Directions for this task:
Extract each line holding the word "ApprovePaymentRequestInput" from the entries.
++++ The records ++++
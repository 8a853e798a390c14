-- ===== src/Tests/Payments.antt =====
-- Runs of the payment service of app/services/payment_service.py.
use mpesa_mcp_server.Common.{
  ℕ, String, ◌≡◌, ◌≢◌, ◌⊎◌, refl, ap, none, some, [], ◌∷◌, ◌++◌, length, arith,
}
use mpesa_mcp_server.Common.Int.{pos}
use mpesa_mcp_server.Common.Exec.{ok}
use mpesa_mcp_server.Common.Dict.{lookup, values, insert}
use mpesa_mcp_server.World.{World, start, initiate_payment, increment, now}
use mpesa_mcp_server.Observability.Metrics
use mpesa_mcp_server.Safety.Policy.{evaluate}
use mpesa_mcp_server.Safety.Policy.Laws.{stk_push}
use mpesa_mcp_server.Storage.Repository.{find_by_idempotency_key, save_pending_transaction}
use mpesa_mcp_server.Audit.Logger.{log_event}
use mpesa_mcp_server.Approvals.Models.{ApprovalRequest}
use mpesa_mcp_server.Approvals.Repository
use mpesa_mcp_server.Approvals.Service.{
  create_approval_request, log_audit_event, approve_request, approve_current, is_expired,
}
use mpesa_mcp_server.Approvals.Answers.{
  required_reviewers_for_amount, required_reviewers_for_payload,
}
use mpesa_mcp_server.Payments.Providers.{PaymentRequest, initiate}
use mpesa_mcp_server.Payments.Records.{PaymentResponse, executable}
use mpesa_mcp_server.Payments.Outcomes.{opened, repeated, Failed, Stored, execute_stk_push_lem}
use mpesa_mcp_server.Storage.Records.{PendingTransaction}
use mpesa_mcp_server.Payments.Service.{
  initiate_stk_push, execute_approved_payment, execute_reviewed, execute_approved_stk_push,
  execute_stk_push, approval_response,
}
use mpesa_mcp_server.Payments.Initiation.{
  IsWithinLimit, request_of, filed, execute_stk_push_again, initiate_stk_push_sends,
  initiate_stk_push_above_limit,
}
use mpesa_mcp_server.Payments.Execution.{Sent, execute_approved_payment_sends}
use mpesa_mcp_server.Tests.Samples.{env, failing, settings, push, accepted}

abbrev pub payment : ℕ → PaymentRequest
payment n = request_of (push n) "254700000000" (pos n)

abbrev pub key : String
key = "key-1"

abbrev after_two : World
after_two =
    (initiate_stk_push env settings (push 500)
      (initiate_stk_push env settings (push 500) start).1).1

-- The second call with one key reaches the provider no more.
one_call : length after_two.provider_calls ≡ 1
unfolding initiate_stk_push evaluate execute_stk_push find_by_idempotency_key values
    initiate_payment save_pending_transaction log_event increment insert
one_call = refl

-- A payment above the limit waits for an approval.
abbrev pub asked : World
asked = (initiate_stk_push env settings (push 20000) start).1

abbrev pub request : ApprovalRequest
request =
    filed env settings (payment 20000) key "Amount exceeds the configured STK push limit." start

pub request_there : lookup "-" asked.approvals ≡ some request
unfolding initiate_stk_push evaluate create_approval_request Repository.create increment lookup
    insert log_audit_event log_event Metrics.increment required_reviewers_for_payload
    required_reviewers_for_amount
request_there = refl

abbrev pub executed : World
executed = (execute_approved_payment env settings "-" "alice" asked).1

execute_approved_payment_sends_example :
    (executed.provider_calls ≡ asked.provider_calls)
    ⊎ Sent env settings "-" "alice" request asked executed
execute_approved_payment_sends_example =
    execute_approved_payment_sends env settings "-" "alice" request asked request_there refl

paid : length executed.provider_calls ≡ 1
unfolding execute_approved_payment execute_stk_push initiate_payment find_by_idempotency_key
    executable initiate_stk_push evaluate create_approval_request Repository.create increment lookup
    insert log_audit_event log_event Metrics.increment required_reviewers_for_payload
    required_reviewers_for_amount approve_request Repository.get is_expired Repository.save values
    save_pending_transaction now approve_current execute_reviewed execute_approved_stk_push
paid = refl

unpaid : length asked.provider_calls ≡ 0
unfolding execute_approved_payment execute_stk_push initiate_payment find_by_idempotency_key
    executable initiate_stk_push evaluate create_approval_request Repository.create increment lookup
    insert log_audit_event log_event Metrics.increment required_reviewers_for_payload
    required_reviewers_for_amount approve_request Repository.get is_expired Repository.save values
    save_pending_transaction now
unpaid = refl

pub called : executed.provider_calls ≢ asked.provider_calls
called e = absurd (omega (arith, paid, unpaid, ap length e))

initiate_stk_push_sends_example :
    ((initiate_stk_push env settings (push 500) start).1.provider_calls ≡ [])
    ⊎ ((within : IsWithinLimit env settings (some (pos 500)) (some "254700000000"))
        × ((initiate_stk_push env settings (push 500) start).1.provider_calls
            ≡ [] ++ initiate (request_of (push 500) within.1 within.0) ∷ []))
initiate_stk_push_sends_example = initiate_stk_push_sends env settings (push 500) start

initiate_stk_push_above_limit_example :
    ((initiate_stk_push env settings (push 20000) start).0
      ≡ ok (
          approval_response
            (evaluate settings.max_stk_amount (stk_push (some (pos 20000)) (some "254700000000")))
            "-"
            key))
    × (asked.provider_calls ≡ [])
    × (asked.transactions ≡ [])
    × (lookup "-" asked.approvals
        ≡ some (
            filed env settings
              (payment 20000)
              key
              (evaluate settings.max_stk_amount
                (stk_push (some (pos 20000)) (some "254700000000"))).reason
              start))
    × (executable
          (filed env settings
            (payment 20000)
            key
            (evaluate settings.max_stk_amount
              (stk_push (some (pos 20000)) (some "254700000000"))).reason
            start).payload
        ≡ some (payment 20000, key))
initiate_stk_push_above_limit_example =
    initiate_stk_push_above_limit env settings (push 20000) (pos 20000) "254700000000" start
      (omega arith) (omega arith)

abbrev pub stored : World
stored = (execute_stk_push env (payment 500) key start).1

pub nothing_yet : find_by_idempotency_key key start ≡ none
unfolding find_by_idempotency_key values
nothing_yet = refl

execute_stk_push_again_example :
    execute_stk_push env (payment 700) key stored
    ≡ (ok (repeated (opened (payment 500) key accepted "-" (env.clock 0) (env.clock 1))), stored)
execute_stk_push_again_example =
    execute_stk_push_again env (payment 500) (payment 700) key accepted start nothing_yet refl

execute_stk_push_lem_example :
    (answer : PaymentResponse) × ((execute_stk_push env (payment 500) key start).0 ≡ ok answer)
    × (((t : PendingTransaction) × (find_by_idempotency_key key start ≡ some t)
          × (answer ≡ repeated t)
          × (stored ≡ start))
        ⊎ ((find_by_idempotency_key key start ≡ none)
            × (Failed env (payment 500) key start answer stored
                ⊎ Stored env (payment 500) key start answer stored)))
execute_stk_push_lem_example = execute_stk_push_lem env (payment 500) key start

-- A provider that raises: nothing is stored, and the failure is counted.
abbrev failed : World
failed = (execute_stk_push failing (payment 500) key start).1

nothing_stored : (failed.transactions ≡ []) × (failed.metrics.failed_payment_count ≡ 1)
unfolding execute_stk_push find_by_idempotency_key values initiate_payment Metrics.increment
    increment
nothing_stored = (refl, refl)
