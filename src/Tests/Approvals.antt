-- ===== src/Tests/Approvals.antt =====
-- Runs of the approval service of app/approvals/service.py.
use mpesa_mcp_server.Common.{
  ℕ, zero, suc, ◌*◌, ◌<◌, ◌≤◌, String, ◌≡◌, Bool, refl, ap, true, false, some, [], ◌∷◌, arith,
  eq_iff,
}
use Prim.Native.String as S
use text.Mathlib.TextLemmas.{tail-eq_of_cons-eq}
use mpesa_mcp_server.Common.Exec.{ok}
use mpesa_mcp_server.Common.Dict.{lookup}
use mpesa_mcp_server.World.{Env, World, increment, now}
use mpesa_mcp_server.Observability.Metrics
use mpesa_mcp_server.Safety.Policy.{evaluate}
use mpesa_mcp_server.Audit.Logger.{log_event}
use mpesa_mcp_server.Payments.Service.{initiate_stk_push}
use mpesa_mcp_server.Approvals.Repository
use mpesa_mcp_server.Approvals.Models.{ApprovalRequest}
use mpesa_mcp_server.Approvals.Repository.{with_status}
use mpesa_mcp_server.Approvals.Service.{
  approve_request, reject_request, create_approval_request, log_audit_event,
}
use mpesa_mcp_server.Approvals.Answers.{
  required_reviewers_for_payload, required_reviewers_for_amount,
}
use mpesa_mcp_server.Approvals.Review.{outcome, after_review, review_response, approve_request_lem}
use mpesa_mcp_server.Approvals.Rejection.{
  rejected, rejected_response, reject_request_pending, reject_request_closed,
}
use mpesa_mcp_server.Tests.Samples.{env, settings, dashes}
use mpesa_mcp_server.Tests.Payments.{asked, request, request_there}

approve_request_lem_example :
    ((approve_request env settings.approvals "-" "alice" asked).0
      ≡ ok (
          review_response (outcome request "alice" (env.clock asked.clock_reads)) (
            after_review
              (outcome request "alice" (env.clock asked.clock_reads))
              request
              "alice"
              (env.clock (suc asked.clock_reads)))))
    × (lookup "-" (approve_request env settings.approvals "-" "alice" asked).1.approvals
        ≡ some (
            after_review
              (outcome request "alice" (env.clock asked.clock_reads))
              request
              "alice"
              (env.clock (suc asked.clock_reads))))
approve_request_lem_example =
    approve_request_lem env settings.approvals "-" "alice" request asked request_there refl

abbrev is_empty : String → Bool
is_empty S.[] = true
is_empty (S.◌∷◌ c s) = false

-- No two identifiers of the samples agree.
dashes_once : (i j : ℕ) → dashes i ≡ dashes j → i ≡ j
dashes_once zero zero e = refl
dashes_once zero (suc j) e = absurd (ground (arith, ap is_empty e))
dashes_once (suc i) zero e = absurd (ground (arith, ap is_empty e))
dashes_once (suc i) (suc j) e = ap suc (dashes_once i j (tail-eq_of_cons-eq e))

pub issue_once : (i j : ℕ) → env.new_id i ≡ env.new_id j → i ≡ j
issue_once i j e = omega (arith, dashes_once (suc i) (suc j) e)

abbrev slow : Env
slow = record env { clock = λ n. n * 1000000000000 }

reads : asked.clock_reads ≡ 3
unfolding initiate_stk_push evaluate create_approval_request Repository.create increment
    log_audit_event log_event Metrics.increment required_reviewers_for_payload
    required_reviewers_for_amount lookup now
reads = refl

early : env.clock asked.clock_reads < request.expires_at
early = rw reads (omega arith)

late : request.expires_at ≤ slow.clock asked.clock_reads
late = rw reads (omega arith)

reject_request_pending_example :
    ((reject_request env settings.approvals "-" asked).0
      ≡ ok (rejected_response (rejected request (env.clock (suc asked.clock_reads)))))
    × (lookup "-" (reject_request env settings.approvals "-" asked).1.approvals
        ≡ some (rejected request (env.clock (suc asked.clock_reads))))
reject_request_pending_example =
    reject_request_pending env settings.approvals "-" request asked request_there refl early

-- An approval that was given is taken back.
abbrev approved : ApprovalRequest
approved = record request { status = "approved" }

abbrev with_approved : World
with_approved = record asked { approvals = ("-", approved) ∷ [] }

approved_there : lookup "-" with_approved.approvals ≡ some approved
unfolding lookup
approved_there = refl

reject_request_closed_example :
    ((reject_request env settings.approvals "-" with_approved).0
      ≡ ok (rejected_response (rejected approved (env.clock with_approved.clock_reads))))
    × (lookup "-" (reject_request env settings.approvals "-" with_approved).1.approvals
        ≡ some (rejected approved (env.clock with_approved.clock_reads)))
reject_request_closed_example =
    reject_request_closed env settings.approvals "-" approved with_approved approved_there
      (λ e. absurd (ground (arith, (eq_iff approved.status "pending").1 e)))
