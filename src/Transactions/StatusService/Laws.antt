-- ===== src/Transactions/StatusService/Laws.antt =====
-- What a status query of app/services/transaction_service.py does.
use mpesa_mcp_server.Common.{
  String, true, Option, some, ◌≡◌, ◌≢◌, refl, [], ◌∷◌, ◌++◌, test_of_ne, ◌⊎◌, inl, inr,
}
use mpesa_mcp_server.Common.Int.{ℤ}
use mpesa_mcp_server.Common.Exec.{ok, err, Error, Result-cases}
use mpesa_mcp_server.Audit.Events.{AuditEvent}
use mpesa_mcp_server.Storage.Records.{PendingTransaction}
use mpesa_mcp_server.Storage.Repository.{find_by_checkout_request_id}
use mpesa_mcp_server.Audit.Logger.{log_event}
use mpesa_mcp_server.Payments.Providers.{PaymentStatusResponse, check_status}
use mpesa_mcp_server.Transactions.StatusService.{
  TransactionStatusServiceResponse, query_provider, query_if_allowed, check_transaction_status,
}
use mpesa_mcp_server.World
use mpesa_mcp_server.World.{Env, World, increment, now, new_id}

-- What a caller is told of the provider's answer, with the transaction that is stored.
abbrev pub told :
    PaymentStatusResponse → Option PendingTransaction → TransactionStatusServiceResponse
told response stored = record {
  status = response.status;
  allowed = true;
  reason = response.result_description;
  checkout_request_id = some response.checkout_request_id;
  provider = some response.provider;
  rail = some response.rail;
  provider_transaction_id = response.provider_transaction_id;
  provider_reference = response.provider_reference;
  result_code = some response.result_code;
  result_description = some response.result_description;
  local_transaction = stored;
  errors = [];
}

module _ (env : Env) (max_stk_amount : ℤ) where
  -- A status query for an identifier that is not empty asks the provider once and changes neither
  -- store. It tells the provider's status, description, codes and references with the transaction
  -- that is stored, as allowed, and leaves one audit event; or, if the provider raises, it raises
  -- the same and leaves no audit event.
  pub check_transaction_status_lem :
      (id : String) (w : World)
      → id ≢ ""
      → let (answer, v) = check_transaction_status env max_stk_amount id w in
        ((v.transactions ≡ w.transactions)
          × (v.approvals ≡ w.approvals)
          × (v.provider_calls ≡ w.provider_calls ++ check_status id ∷ []))
        × (((response : PaymentStatusResponse) × (env.payment_provider.check_transaction_status
                  w.provider_calls id
                ≡ ok response)
              × (answer ≡ ok (told response (find_by_checkout_request_id id w)))
              × ((event : AuditEvent) × (v.audit_events ≡ w.audit_events ++ event ∷ [])
                  × (event.event_type ≡ "transaction_status_checked")))
            ⊎ ((e : Error) × (env.payment_provider.check_transaction_status w.provider_calls id
                  ≡ err e)
                × (answer ≡ err e)
                × (v.audit_events ≡ w.audit_events)))
  unfolding check_transaction_status query_if_allowed query_provider World.check_transaction_status
      log_event increment now new_id find_by_checkout_request_id
  check_transaction_status_lem id w given =
      elim (Result-cases (env.payment_provider.check_transaction_status w.provider_calls id)) [
        | inl (response, answered) ↦
            rw (test_of_ne id "" given, answered)
              ((refl, refl, refl), inl (response, refl, refl, (_, refl, refl)))
        | inr (e, raised) ↦
            rw (test_of_ne id "" given, raised) ((refl, refl, refl), inr (e, refl, refl, refl))
      ]
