-- ===== src/Tools/Schemas.antt =====
-- The inputs and the answer of the tools, app/mcp/schemas.py. The data of an answer is given as the
-- record whose fields the program dumps.
use mpesa_mcp_server.Common.{ℕ, String, Bool, Option, List}
use mpesa_mcp_server.Common.Int.{ℤ}
use mpesa_mcp_server.Common.Dict.{Dict}
use mpesa_mcp_server.Common.Json.{Json}
use mpesa_mcp_server.Storage.Records.{PendingTransaction}
use mpesa_mcp_server.Payments.Records.{PaymentResponse, ApprovalExecutionResponse}
use mpesa_mcp_server.Approvals.Answers.{ApprovalServiceResponse}
use mpesa_mcp_server.Transactions.StatusService.{TransactionStatusServiceResponse}
use mpesa_mcp_server.Receipts.Service.{ReceiptServiceResponse}
use mpesa_mcp_server.Analytics.Service.{DailyAnalyticsSummary}
use mpesa_mcp_server.Reconciliation.Service.{ReconciliationSummary}

pub record InitiateStkPushInput : Type 0 where
  pub phone_number : String
  pub amount : ℤ
  pub account_reference : String
  pub description : String
  pub idempotency_key : Option String

-- The same fields as those of a push.
pub record InitiatePaymentInput : Type 0 where
  pub phone_number : String
  pub amount : ℤ
  pub account_reference : String
  pub description : String
  pub idempotency_key : Option String

pub record CheckTransactionStatusInput : Type 0 where
  pub checkout_request_id : String

pub record CheckPaymentStatusInput : Type 0 where
  pub provider_transaction_id : String

pub record GenerateReceiptInput : Type 0 where
  pub checkout_request_id : String

pub record ApprovePaymentRequestInput : Type 0 where
  pub approval_id : String

pub record RejectPaymentRequestInput : Type 0 where
  pub approval_id : String

-- The inputs without fields.
pub data GetTodaySummaryInput : Type 0 where
  today_summary_input : GetTodaySummaryInput

pub data GetFailedTransactionsInput : Type 0 where
  failed_transactions_input : GetFailedTransactionsInput

pub data RunReconciliationInput : Type 0 where
  run_reconciliation_input : RunReconciliationInput

pub data ToolData : Type 0 where
  no_data : ToolData
  payment : PaymentResponse → ToolData
  transaction : TransactionStatusServiceResponse → ToolData
  receipt : ReceiptServiceResponse → ToolData
  summary : DailyAnalyticsSummary → ToolData
  transactions : List PendingTransaction → ToolData
  execution : ApprovalExecutionResponse → ToolData
  approval : ApprovalServiceResponse → ToolData
  reconciliation : ReconciliationSummary → ToolData
  -- the key, the limit and the seconds to the reset
  rate_limit : String → ℕ → ℕ → ToolData

pub record McpToolResponse : Type 0 where
  pub status : String
  pub allowed : Bool
  pub reason : String
  pub requires_approval : Bool
  pub tool_data : ToolData
  pub errors : List String

-- What pydantic makes of a dict: the input, or the messages of its errors.
pub data Validation (A : Type 0) : Type 0 where
  valid : A → Validation A
  invalid : List String → Validation A

-- `X | dict[str, Any]`
pub data InputData (A : Type 0) : Type 0 where
  given : A → InputData A
  raw : Dict Json → InputData A

-- `model_validate` of each input: pydantic's.
pub record Validators : Type 0 where
  pub initiate_stk_push : Dict Json → Validation InitiateStkPushInput
  pub initiate_payment : Dict Json → Validation InitiatePaymentInput
  pub check_transaction_status : Dict Json → Validation CheckTransactionStatusInput
  pub check_payment_status : Dict Json → Validation CheckPaymentStatusInput
  pub generate_receipt : Dict Json → Validation GenerateReceiptInput
  pub get_today_summary : Dict Json → Validation GetTodaySummaryInput
  pub get_failed_transactions : Dict Json → Validation GetFailedTransactionsInput
  pub approve_payment_request : Dict Json → Validation ApprovePaymentRequestInput
  pub reject_payment_request : Dict Json → Validation RejectPaymentRequestInput
  pub run_reconciliation : Dict Json → Validation RunReconciliationInput

-- `_validate_input` and its like: an input that is given is taken as it is.
abbrev pub validate : {A : Type 0} → (Dict Json → Validation A) → InputData A → Validation A
validate model_validate (given input) = valid input
validate model_validate (raw fields) = model_validate fields
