-- ===== src/Tools/Checks.antt =====
-- The checks that the tools of app/mcp/tools.py make before they call a service. The log lines are
-- left out.
use mpesa_mcp_server.Common.{
  ℕ, suc, String, Bool, false, ◌&&◌, Option, none, some, List, [], if◌then◌else◌,
}
use mpesa_mcp_server.Common.Exec.{Exec, Result, ok, err}
use mpesa_mcp_server.Policy.ToolPolicy.{ToolPolicyEngine, ToolPolicyDecision, evaluate}
use mpesa_mcp_server.RateLimit.Limiter.{RateLimitDecision, Windows, allow}
use mpesa_mcp_server.RateLimit.RedisLimiter.{Redis, RedisCall, redis_allow}
use mpesa_mcp_server.Tools.Schemas.{
  McpToolResponse, no_data, rate_limit, Validation, valid, invalid,
}
use mpesa_mcp_server.World.{World}

-- `RateLimiterProtocol`: a limiter with its own state, that decides or raises.
pub record RateLimiter : Type 1 where
  pub State : Type 0
  pub allow : String → ℕ → ℕ → State → Result RateLimitDecision × State

-- `InMemoryRateLimiter`, with the readings of the monotonic clock
pub record InMemory : Type 0 where
  pub windows : Windows
  pub reads : ℕ

abbrev pub in_memory_limiter : (ℕ → ℕ) → RateLimiter
in_memory_limiter clock = record {
  State = InMemory;
  allow = λ key limit window_seconds s.
      let (decision, windows) = allow key limit window_seconds (clock s.reads) s.windows in
      (ok decision, record { windows = windows; reads = suc s.reads });
}

abbrev pub redis_limiter : Redis → RateLimiter
redis_limiter redis = record { State = List RedisCall; allow = redis_allow redis }

-- `rate_limit_enabled`, `rate_limit_window_seconds` and `rate_limit_max_requests` of a tool
pub record RateLimitSettings : Type 0 where
  pub enabled : Bool
  pub window_seconds : ℕ
  pub max_requests : ℕ

abbrev pub tool_answer : String → Bool → String → McpToolResponse
tool_answer status allowed reason = record {
  status = status;
  allowed = allowed;
  reason = reason;
  requires_approval = false;
  tool_data = no_data;
  errors = [];
}

abbrev pub denied : ToolPolicyDecision → McpToolResponse
denied decision = record {
  status = decision.status;
  allowed = false;
  reason = decision.reason;
  requires_approval = decision.requires_approval;
  tool_data = no_data;
  errors = [];
}

-- `_check_tool_policy`
unfoldable pub check_tool_policy : String → Option ToolPolicyEngine → Option McpToolResponse
check_tool_policy tool_name none = none
check_tool_policy tool_name (some tool_policy) =
    let decision = evaluate tool_policy tool_name in
    if decision.allowed then none else some (denied decision)

abbrev pub limiter_unavailable : McpToolResponse
limiter_unavailable =
    tool_answer "infrastructure_unavailable" false
      "Rate limiter unavailable; request rejected safely."

abbrev pub rate_limited : RateLimitDecision → McpToolResponse
rate_limited decision = record (tool_answer "rate_limited" false "Rate limit exceeded") {
  tool_data = rate_limit decision.key decision.limit decision.reset_after_seconds;
}

-- What the limiter's decision means: any exception of the limiter refuses the call.
abbrev pub refusal_of : Result RateLimitDecision → Option McpToolResponse
refusal_of (err e) = some limiter_unavailable
refusal_of (ok decision) = if decision.allowed then none else some (rate_limited decision)

module _ (limiter : RateLimiter) where
  -- The shared state of the services, and the limiter's.
  pub record Host : Type 0 where
    pub world : World
    pub limits : limiter.State

  -- A call of a service.
  abbrev pub on_world : {A : Type 0} → Exec World A → Exec Host A
  on_world call h = let (r, w) = call h.world in (r, record h { world = w })

  -- `_check_rate_limit`; `has_limiter` says that there is a limiter
  unfoldable pub check_rate_limit :
      Bool → RateLimitSettings → String → Exec Host (Option McpToolResponse)
  check_rate_limit has_limiter settings key h =
      if settings.enabled && has_limiter
      then (let (decision, limits) =
            limiter.allow key settings.max_requests settings.window_seconds h.limits in
          (ok (refusal_of decision), record h { limits = limits }))
      else (ok none, h)

  -- `if response is not None: return response`
  abbrev pub unless_refused :
      Option McpToolResponse → Exec Host McpToolResponse → Exec Host McpToolResponse
  unless_refused none call h = call h
  unless_refused (some response) call h = (ok response, h)

  -- The answer to `ValidationError`, or what follows a valid input.
  abbrev pub when_valid :
      {A : Type 0}
      → String
      → Validation A
      → (A → Exec Host McpToolResponse)
      → Exec Host McpToolResponse
  when_valid reason (valid input) call h = call input h
  when_valid reason (invalid messages) call h =
      (ok (record (tool_answer "invalid_input" false reason) { errors = messages }), h)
++++
Output below:
pub record ApprovePaymentRequestInput : Type 0 where
  pub approve_payment_request : Dict Json → Validation ApprovePaymentRequestInput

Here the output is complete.